As Archbishop of Buenos Aires, Jorge Mario Bergoglio was not always on friendly terms with Argentina’s political leaders. On one famous occasion in 2004, he preached a sermon denouncing “dishonest and mediocre” politics with President Néstor Kirchner sitting in the congregation.
Presidents come and go, but even after his elevation to the papacy Francis has not shied away from conflict with Argentina’s rulers. That is one subtext to the Pope’s visit to Chile next week: the absence of Argentina’s President Mauricio Macri. The difficult relationship between the two leaders is well-documented, and serves as another example of Pope Francis’s place in the politics of his homeland: as an internal critic, usually at cross-purposes with the ruling party.
It is not just hostility but awkwardness which characterises the Pope’s relationship with Macri. For instance, in 2016 the president donated 16,666,000 pesos (£853,000) to the Pope’s educational foundation, Scholas Occurentes. Francis rejected it: “I don’t like the 666,” he wrote back, according to Vatican Insider.
There was another reason: Francis told Scholas Occurentes that they shouldn’t be accepting money from the Argentine government when the population had so many pressing needs. Macri’s own background may have increased the Pope’s sense that this money was being used irresponsibly: the president is the son of a millionaire, and he still spends his leisure time at exclusive parties of the wealthy.
He is also something of a showman: he likes to perform as Freddie Mercury, leading to a near-death experience at his second wedding in 2010, when he swallowed his fake moustache and was only saved form choking by the intervention of the Buenos Aires health minister.

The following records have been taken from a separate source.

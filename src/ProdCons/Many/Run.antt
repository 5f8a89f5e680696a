-- ===== src/ProdCons/Many/Run.antt =====
-- The interleavings of the threads of many_prod_many_cons.c, and the record of a run.
use c_teaching.Prelude.{ℕ, ◌<◌, ◌≡◌, refl, ap, sym, ◌∙◌, Bool, true, false, List, [], ◌∷◌, ◌++◌}
use c_teaching.Prelude.Int.{ℤ, pos, ◌+ℤ◌, +ℤ_assoc, +ℤ_comm, +ℤ-zero, IsInt, add_int, add_int-eq}
use c_teaching.Threads.{update}
use c_teaching.ProdCons.Many.{
  Shared, Producer, wait_empty, wait_write, post_write, post_fill, Consumer, wait_fill, wait_read,
  post_read, post_empty, Event, silent, wrote, took, ProducerMove, ConsumerMove, System, init,
}

-- The thread stands before a call on a semaphore, which may fail.
abbrev pub at_call : Producer → Bool
at_call (wait_empty _) = true
at_call (wait_write _) = true
at_call post_write = true
at_call post_fill = true
at_call _ = false

abbrev pub consumer_at_call : Consumer → Bool
consumer_at_call wait_fill = true
consumer_at_call wait_read = true
consumer_at_call post_read = true
consumer_at_call post_empty = true
consumer_at_call _ = false

-- `n` producers and `k` consumers; one of them moves, or has a call fail and ends the process by
-- the exit() of ERROR_HELPER.
pub data Step (n k : ℕ) (s : System) : Event → System → Type 0 where
  producer :
      (i : ℕ) {e : Event} {m : Shared} {p : Producer}
      → s.exited ≡ false
      → i < n
      → ProducerMove s.mem (s.producers i) e m p
      → Step n k s e (record s { mem = m; producers = update s.producers i p })
  consumer :
      (j : ℕ) {e : Event} {m : Shared} {c : Consumer}
      → s.exited ≡ false
      → j < k
      → ConsumerMove s.mem (s.consumers j) e m c
      → Step n k s e (record s { mem = m; consumers = update s.consumers j c })
  producer_fails :
      (i : ℕ)
      → s.exited ≡ false
      → i < n
      → at_call (s.producers i) ≡ true
      → Step n k s silent (record s { exited = true })
  consumer_fails :
      (j : ℕ)
      → s.exited ≡ false
      → j < k
      → consumer_at_call (s.consumers j) ≡ true
      → Step n k s silent (record s { exited = true })

-- The states that a run from `init` goes through, with its events, the last one first.
pub data Reach (n k : ℕ) : System → List Event → Type 0 where
  start : Reach n k init []
  later :
      {s t : System} {e : Event} {h : List Event}
      → Reach n k s h
      → Step n k s e t
      → Reach n k t (e ∷ h)

-- The transactions that the producers have stored, and those that the consumers have taken, the
-- first one first.
abbrev pub written : List Event → List ℤ
written [] = []
written (wrote v ∷ h) = written h ++ v ∷ []
written (_ ∷ h) = written h

abbrev pub taken : List Event → List ℤ
taken [] = []
taken (took v ∷ h) = taken h ++ v ∷ []
taken (_ ∷ h) = taken h

abbrev pub sum : List ℤ → ℤ
sum [] = pos 0
sum (x ∷ xs) = x +ℤ sum xs

-- The sum as the `int` deposit holds it, one transaction after the other.
abbrev pub int_sum_from : ℤ → List ℤ → ℤ
int_sum_from acc [] = acc
int_sum_from acc (x ∷ xs) = int_sum_from (add_int acc x) xs

abbrev pub int_sum : List ℤ → ℤ
int_sum xs = int_sum_from (pos 0) xs

-- No sum on the way from `acc` leaves the range of an `int`.
abbrev pub NoOverflow : ℤ → List ℤ → Type 0
NoOverflow acc [] = Unit
NoOverflow acc (x ∷ xs) = IsInt (acc +ℤ x) × NoOverflow (acc +ℤ x) xs

int_sum_from-snoc :
    (acc : ℤ) (xs : List ℤ) (v : ℤ)
    → int_sum_from acc (xs ++ v ∷ []) ≡ add_int (int_sum_from acc xs) v
int_sum_from-snoc acc [] v = refl
int_sum_from-snoc acc (x ∷ xs) v = int_sum_from-snoc (add_int acc x) xs v

pub int_sum-snoc : (xs : List ℤ) (v : ℤ) → int_sum (xs ++ v ∷ []) ≡ add_int (int_sum xs) v
int_sum-snoc xs v = int_sum_from-snoc (pos 0) xs v

int_sum_from-eq : (acc : ℤ) (xs : List ℤ) → NoOverflow acc xs → int_sum_from acc xs ≡ acc +ℤ sum xs
int_sum_from-eq acc [] h = sym (+ℤ-zero acc)
int_sum_from-eq acc (x ∷ xs) (here, rest) =
    ap (λ d. int_sum_from d xs) (add_int-eq acc x here)
    ∙ int_sum_from-eq (acc +ℤ x) xs rest
    ∙ +ℤ_assoc acc x (sum xs)

pub int_sum-eq : (xs : List ℤ) → NoOverflow (pos 0) xs → int_sum xs ≡ sum xs
int_sum-eq xs h = int_sum_from-eq (pos 0) xs h ∙ +ℤ_comm (pos 0) (sum xs) ∙ +ℤ-zero (sum xs)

There is a ready-made leftist critique of Macri as a president for the rich. Macri has “a neo-liberal, pro-business approach,” says an Argentine observer. “He has encouraged businesses to invest in Argentina.”
That contrasts with Néstor Kirchner, and his wife Cristina, who succeeded him as president. The Kirchners were more hostile to business and had a connection to the poor which more than verged on populism. Cristina Kirchner was “hugely popular in the slums,” my Argentine acquaintance says. “She espouses a clientelismo where she pays for days out for them to attend marches, and infamously feeds them choripans [chorizo sandwiches] to agitate in favour of her.” Archbishop Bergoglio wanted to remain close to the poor, but he saw this as a spiritual mission rather than as a way to gain political clout, and mistrusted the Kirchners’ political tactics.

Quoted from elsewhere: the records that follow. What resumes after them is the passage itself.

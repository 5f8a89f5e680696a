-- ===== src/ProdCons/Many/Invariant/Defs.antt =====
-- The invariant: who holds which mutex and which slot, and what the buffer and the deposit say.
use c_teaching.Prelude.{ℕ, ◌+◌, ◌%◌, ◌<◌, ◌≡◌, length, take, List, ◌∷◌}
use c_teaching.Prelude.Int.{ℤ, pos, add_int}
use c_teaching.Threads.{total}
use c_teaching.ProdCons.Many.{
  Shared, Producer, wait_write, storing, loading_write, storing_write, post_write, post_fill,
  Consumer, wait_read, taking, adding, storing_deposit, loading_read, storing_read, post_read,
  post_empty, Event, silent,
}
use c_teaching.ProdCons.Many.Run.{written, taken, int_sum}
use c_teaching.Ring.{Holds}

-- The producer holds write_mutex.
abbrev pub in_write : Producer → ℕ
in_write (storing _) = 1
in_write loading_write = 1
in_write (storing_write _) = 1
in_write post_write = 1
in_write _ = 0

-- It has an empty slot, and has not stored in it yet.
abbrev pub before_store : Producer → ℕ
before_store (wait_write _) = 1
before_store (storing _) = 1
before_store _ = 0

-- It has stored an item, and has not posted it yet.
abbrev pub after_store : Producer → ℕ
after_store loading_write = 1
after_store (storing_write _) = 1
after_store post_write = 1
after_store post_fill = 1
after_store _ = 0

-- It has stored an item, and write_index does not count it yet.
abbrev pub behind_write : Producer → ℕ
behind_write loading_write = 1
behind_write (storing_write _) = 1
behind_write _ = 0

abbrev pub in_read : Consumer → ℕ
in_read taking = 1
in_read (adding _) = 1
in_read (storing_deposit _ _) = 1
in_read loading_read = 1
in_read (storing_read _) = 1
in_read post_read = 1
in_read _ = 0

abbrev pub before_take : Consumer → ℕ
before_take wait_read = 1
before_take taking = 1
before_take _ = 0

abbrev pub after_take : Consumer → ℕ
after_take (adding _) = 1
after_take (storing_deposit _ _) = 1
after_take loading_read = 1
after_take (storing_read _) = 1
after_take post_read = 1
after_take post_empty = 1
after_take _ = 0

abbrev pub behind_read : Consumer → ℕ
behind_read (adding _) = 1
behind_read (storing_deposit _ _) = 1
behind_read loading_read = 1
behind_read (storing_read _) = 1
behind_read _ = 0

-- It has taken an item that the deposit does not count yet.
abbrev pub owes : Consumer → ℕ
owes (adding _) = 1
owes (storing_deposit _ _) = 1
owes _ = 0

pub record Inv (n k : ℕ) (m : Shared) (ps : ℕ → Producer) (cs : ℕ → Consumer) (h : List Event)
    : Type 0 where
  pub write_lock : m.write_mutex + total in_write n ps ≡ 1
  pub read_lock : m.read_mutex + total in_read k cs ≡ 1
  pub filled :
      m.fill_count + total before_take k cs + length (taken h) + total after_store n ps
      ≡ length (written h)
  pub emptied :
      m.empty_count + total before_store n ps + length (written h) + total after_take k cs
      ≡ 128 + length (taken h)
  pub size : length m.transactions ≡ 128
  pub write_at :
      (m.write_index < 128)
      × ((m.write_index + total behind_write n ps) % 128 ≡ length (written h) % 128)
  pub read_at :
      (m.read_index < 128)
      × ((m.read_index + total behind_read k cs) % 128 ≡ length (taken h) % 128)
  pub window : Holds (pos 0) m.transactions (written h) (length (taken h))
  pub fifo : taken h ≡ take (length (taken h)) (written h)
  pub write_local : (i w : ℕ) → i < n → ps i ≡ storing_write w → w ≡ m.write_index
  pub read_local : (j r : ℕ) → j < k → cs j ≡ storing_read r → r ≡ m.read_index
  pub balance : total owes k cs ≡ 0 → m.deposit ≡ int_sum (taken h)
  pub adding_local :
      (j : ℕ) (v : ℤ) → j < k → cs j ≡ adding v → add_int m.deposit v ≡ int_sum (taken h)
  pub storing_local :
      (j : ℕ) (v d : ℤ) → j < k → cs j ≡ storing_deposit v d → add_int d v ≡ int_sum (taken h)

pub Inv-silent :
    {n k : ℕ} {m : Shared} {ps : ℕ → Producer} {cs : ℕ → Consumer} {h : List Event}
    → Inv n k m ps cs h
    → Inv n k m ps cs (silent ∷ h)
Inv-silent inv = record {
  write_lock = inv.write_lock;
  read_lock = inv.read_lock;
  filled = inv.filled;
  emptied = inv.emptied;
  size = inv.size;
  write_at = inv.write_at;
  read_at = inv.read_at;
  window = inv.window;
  fifo = inv.fifo;
  write_local = inv.write_local;
  read_local = inv.read_local;
  balance = inv.balance;
  adding_local = inv.adding_local;
  storing_local = inv.storing_local;
}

In Macri’s case, it is easy to see what the Pope’s objections might be. “Some people,” Francis wrote in Evangelii Gaudium, “continue to defend trickle-down theories which assume that economic growth, encouraged by a free market, will inevitably succeed in bringing about greater justice and inclusiveness in the world.” Perhaps Macri would not recognise himself in that description, but he is certainly a kind of free-marketeer: the Economist has enthusiastically backed him as the man to “liberalise labour laws” and “end Argentina’s isolation from the international credit markets”.
Whether Macri’s market reforms – cutting the budget deficit; removing subsidies and tariffs; dealing with foreign creditors – have worked is another matter. Macri’s supporters say he is bringing the economy into a sustainable position and that the poverty rate is falling. His critics say the poverty rate is rising. These debates are hampered by two things: first, that the Kirchner government stopped publishing poverty statistics, and second, that Argentina is treated by all sides as exemplifying their economic theories, whether free-market or socialist.

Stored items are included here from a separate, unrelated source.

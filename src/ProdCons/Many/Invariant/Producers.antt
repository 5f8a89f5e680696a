-- ===== src/ProdCons/Many/Invariant/Producers.antt =====
-- A move of a producer keeps the invariant.
use c_teaching.Prelude.{
  ℕ, ◌+◌, ◌%◌, ◌≤◌, ◌<◌, ◌≡◌, refl, ap, ◌∙◌, sym, ◌≢◌, length, take, length-set, length-append,
  List, [], ◌∷◌, arith,
}
use c_teaching.Prelude.Int.{ℤ, pos}
use c_teaching.Threads.{update, total, total-update, le-total, pair-le-total, total-add-le}
use c_teaching.ProdCons.Many.{
  Shared, Producer, producing, storing, post_write, storing_write, Consumer, Event, ProducerMove,
  got_empty, got_write, store, load_write, store_write,
}
use c_teaching.ProdCons.Many.Run.{written, taken, int_sum}
use c_teaching.Ring.{Holds, Holds-store, take-append_left}
use c_teaching.ProdCons.Many.Invariant.Defs.{
  Inv, in_write, before_store, after_store, behind_write, in_read, before_take, after_take,
}

-- What a thread's semaphore call has found.
abbrev Guard : {m m' : Shared} {p p' : Producer} {e : Event} → ProducerMove m p e m' p' → Type 0
Guard {m} (got_empty h) = 0 < m.empty_count
Guard {m} (got_write h) = 0 < m.write_mutex
Guard _ = Unit

guard : {m m' : Shared} {p p' : Producer} {e : Event} (mv : ProducerMove m p e m' p') → Guard mv
guard (got_empty h) = h
guard (got_write h) = h
guard _ = tt

-- Inside write_mutex, with write_index up to date.
abbrev at_store : Producer → ℕ
at_store (storing _) = 1
at_store post_write = 1
at_store _ = 0

split : (p : Producer) → behind_write p + at_store p ≤ in_write p
split producing = omega arith
split p = omega arith

module _ {n k : ℕ} {m : Shared} {ps : ℕ → Producer} {cs : ℕ → Consumer} {h : List Event}
    (inv : Inv n k m ps cs h) (i : ℕ) (lt : i < n) where
  record Mover (p p' : Producer) : Type 0 where
    here : ps i ≡ p
    writers : total in_write n (update ps i p') + in_write p ≡ total in_write n ps + in_write p'
    befores :
        total before_store n (update ps i p') + before_store p
        ≡ total before_store n ps + before_store p'
    afters :
        total after_store n (update ps i p') + after_store p
        ≡ total after_store n ps + after_store p'
    behinds :
        total behind_write n (update ps i p') + behind_write p
        ≡ total behind_write n ps + behind_write p'
    own :
        (in_write p ≤ total in_write n ps)
        × (before_store p ≤ total before_store n ps)
        × (after_store p ≤ total after_store n ps)
        × (behind_write p ≤ total behind_write n ps)

  mover : (p' : Producer) → Mover (ps i) p'
  mover p' = record {
    here = refl;
    writers = total-update in_write n ps i p' lt;
    befores = total-update before_store n ps i p' lt;
    afters = total-update after_store n ps i p' lt;
    behinds = total-update behind_write n ps i p' lt;
    own = (
      le-total in_write n ps i lt,
      le-total before_store n ps i lt,
      le-total after_store n ps i lt,
      le-total behind_write n ps i lt,
    );
  }

  -- Another producer is not inside write_mutex while this one is.
  alone : (j : ℕ) → j < n → i ≢ j → in_write (ps i) ≡ 1 → in_write (ps j) ≡ 0
  alone j lj ne one = omega (arith, pair-le-total in_write n ps i j lt lj ne, inv.write_lock)

  -- The locks, the semaphores' counts, and the index of the next store.
  move-counts :
      {p p' : Producer} {m' : Shared} {e : Event} → ProducerMove m p e m' p' → Mover p p' → record {
        write_lock : m'.write_mutex + total in_write n (update ps i p') ≡ 1;
        read_lock : m'.read_mutex + total in_read k cs ≡ 1;
        filled :
            m'.fill_count
              + total before_take k cs
              + length (taken (e ∷ h))
              + total after_store n (update ps i p')
            ≡ length (written (e ∷ h));
        emptied :
            m'.empty_count
              + total before_store n (update ps i p')
              + length (written (e ∷ h))
              + total after_take k cs
            ≡ 128 + length (taken (e ∷ h));
        size : length m'.transactions ≡ 128;
      }
  move-counts (store {v}) f =
      ground (
        arith,
        length-set m.transactions m.write_index v,
        length-append {A = ℤ} (written h) (v ∷ []),
      )
  move-counts mv f = ground (arith, guard mv)

  move-write_at :
      {p p' : Producer} {m' : Shared} {e : Event}
      → ProducerMove m p e m' p'
      → Mover p p'
      → (m'.write_index < 128)
        × ((m'.write_index + total behind_write n (update ps i p')) % 128
            ≡ length (written (e ∷ h)) % 128)
  move-write_at (store {v}) f =
      omega (arith, inv.write_at, length-append {A = ℤ} (written h) (v ∷ []), inv.write_lock)
  move-write_at (store_write {w}) f =
      omega (arith, inv.write_at, inv.write_local i w lt f.here, f.behinds)
  move-write_at mv f = ground (arith, guard mv)

  move-write_local :
      {p p' : Producer} {m' : Shared} {e : Event}
      → ProducerMove m p e m' p'
      → Mover p p'
      → (j w : ℕ) → j < n
      → update ps i p' j ≡ storing_write w
      → w ≡ m'.write_index
  move-write_local load_write f j w lj q = ground (arith, inv.write_local j w)
  move-write_local (store_write {w = w'}) f j w lj q =
      ground (arith, inv.write_local j w, alone j lj)
  move-write_local mv f j w lj q = ground (arith, inv.write_local j w)

  move-data :
      {p p' : Producer} {m' : Shared} {e : Event}
      → ProducerMove m p e m' p'
      → Mover p p'
      → Holds (pos 0) m'.transactions (written (e ∷ h)) (length (taken (e ∷ h)))
        × (taken (e ∷ h) ≡ take (length (taken (e ∷ h))) (written (e ∷ h)))
  move-data (store {v}) f = (
    Holds-store (pos 0) m.transactions (written h) (length (taken h)) m.write_index v inv.size
        (omega (arith, inv.write_at, alone_behind f.here)) (omega (arith, inv.emptied, f.own))
        inv.window,
    inv.fifo
        ∙ sym
            (take-append_left (length (taken h)) (written h) (v ∷ []) (omega (arith, inv.filled))),
  )
    where
      alone_behind : ps i ≡ storing v → total behind_write n ps ≡ 0
      alone_behind e = omega (
        arith,
        le-total at_store n ps i lt,
        ap at_store e,
        total-add-le behind_write at_store in_write split n ps,
        inv.write_lock,
      )
  move-data mv f = (inv.window, inv.fifo)

  -- The consumers' side is as it was.
  move-rest :
      {p p' : Producer} {m' : Shared} {e : Event}
      → ProducerMove m p e m' p'
      → (m'.read_index ≡ m.read_index) × (m'.deposit ≡ m.deposit) × (taken (e ∷ h) ≡ taken h)
  move-rest (store {v}) = (refl, refl, refl)
  move-rest mv = (refl, refl, refl)

  pub producer-Inv :
      {p' : Producer} {m' : Shared} {e : Event}
      → ProducerMove m (ps i) e m' p'
      → Inv n k m' (update ps i p') cs (e ∷ h)
  producer-Inv {p'} {m'} {e} mv = record {
    write_lock = write_lock;
    read_lock = read_lock;
    filled = filled;
    emptied = emptied;
    size = size;
    write_at = move-write_at mv f;
    read_at = rw (rest.0, rest.2) inv.read_at;
    window = (move-data mv f).0;
    fifo = (move-data mv f).1;
    write_local = move-write_local mv f;
    read_local = λ j r lj q. inv.read_local j r lj q ∙ sym rest.0;
    balance = λ q. rest.1 ∙ inv.balance q ∙ sym (ap int_sum rest.2);
    adding_local = λ j v lj q. rw (rest.1, rest.2) (inv.adding_local j v lj q);
    storing_local = λ j v d lj q. rw rest.2 (inv.storing_local j v d lj q);
  }
    where
      f : Mover (ps i) p'
      f = mover p'

      rest : (m'.read_index ≡ m.read_index) × (m'.deposit ≡ m.deposit) × (taken (e ∷ h) ≡ taken h)
      rest = move-rest mv

      open (move-counts mv f) use {write_lock, read_lock, filled, emptied, size}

At the same time, the Pope’s reservations about Macri may be nothing personal. “I don’t have any problem with Macri,” Francis told La Nación in 2016. “He is a noble person.” The two agree about the war on drugs.
But perhaps the main reason Francis wants to stay away from Argentine politics is his fear that he would be used by the administration – whoever is in charge – to shore up their power. Francis’s attitude is strongly anti-elitist. It would make sense for him to keep the Argentine ruling class at arm’s length. Perhaps only in retirement, if that ever came, could Pope Francis return and be at peace with Argentina’s rulers.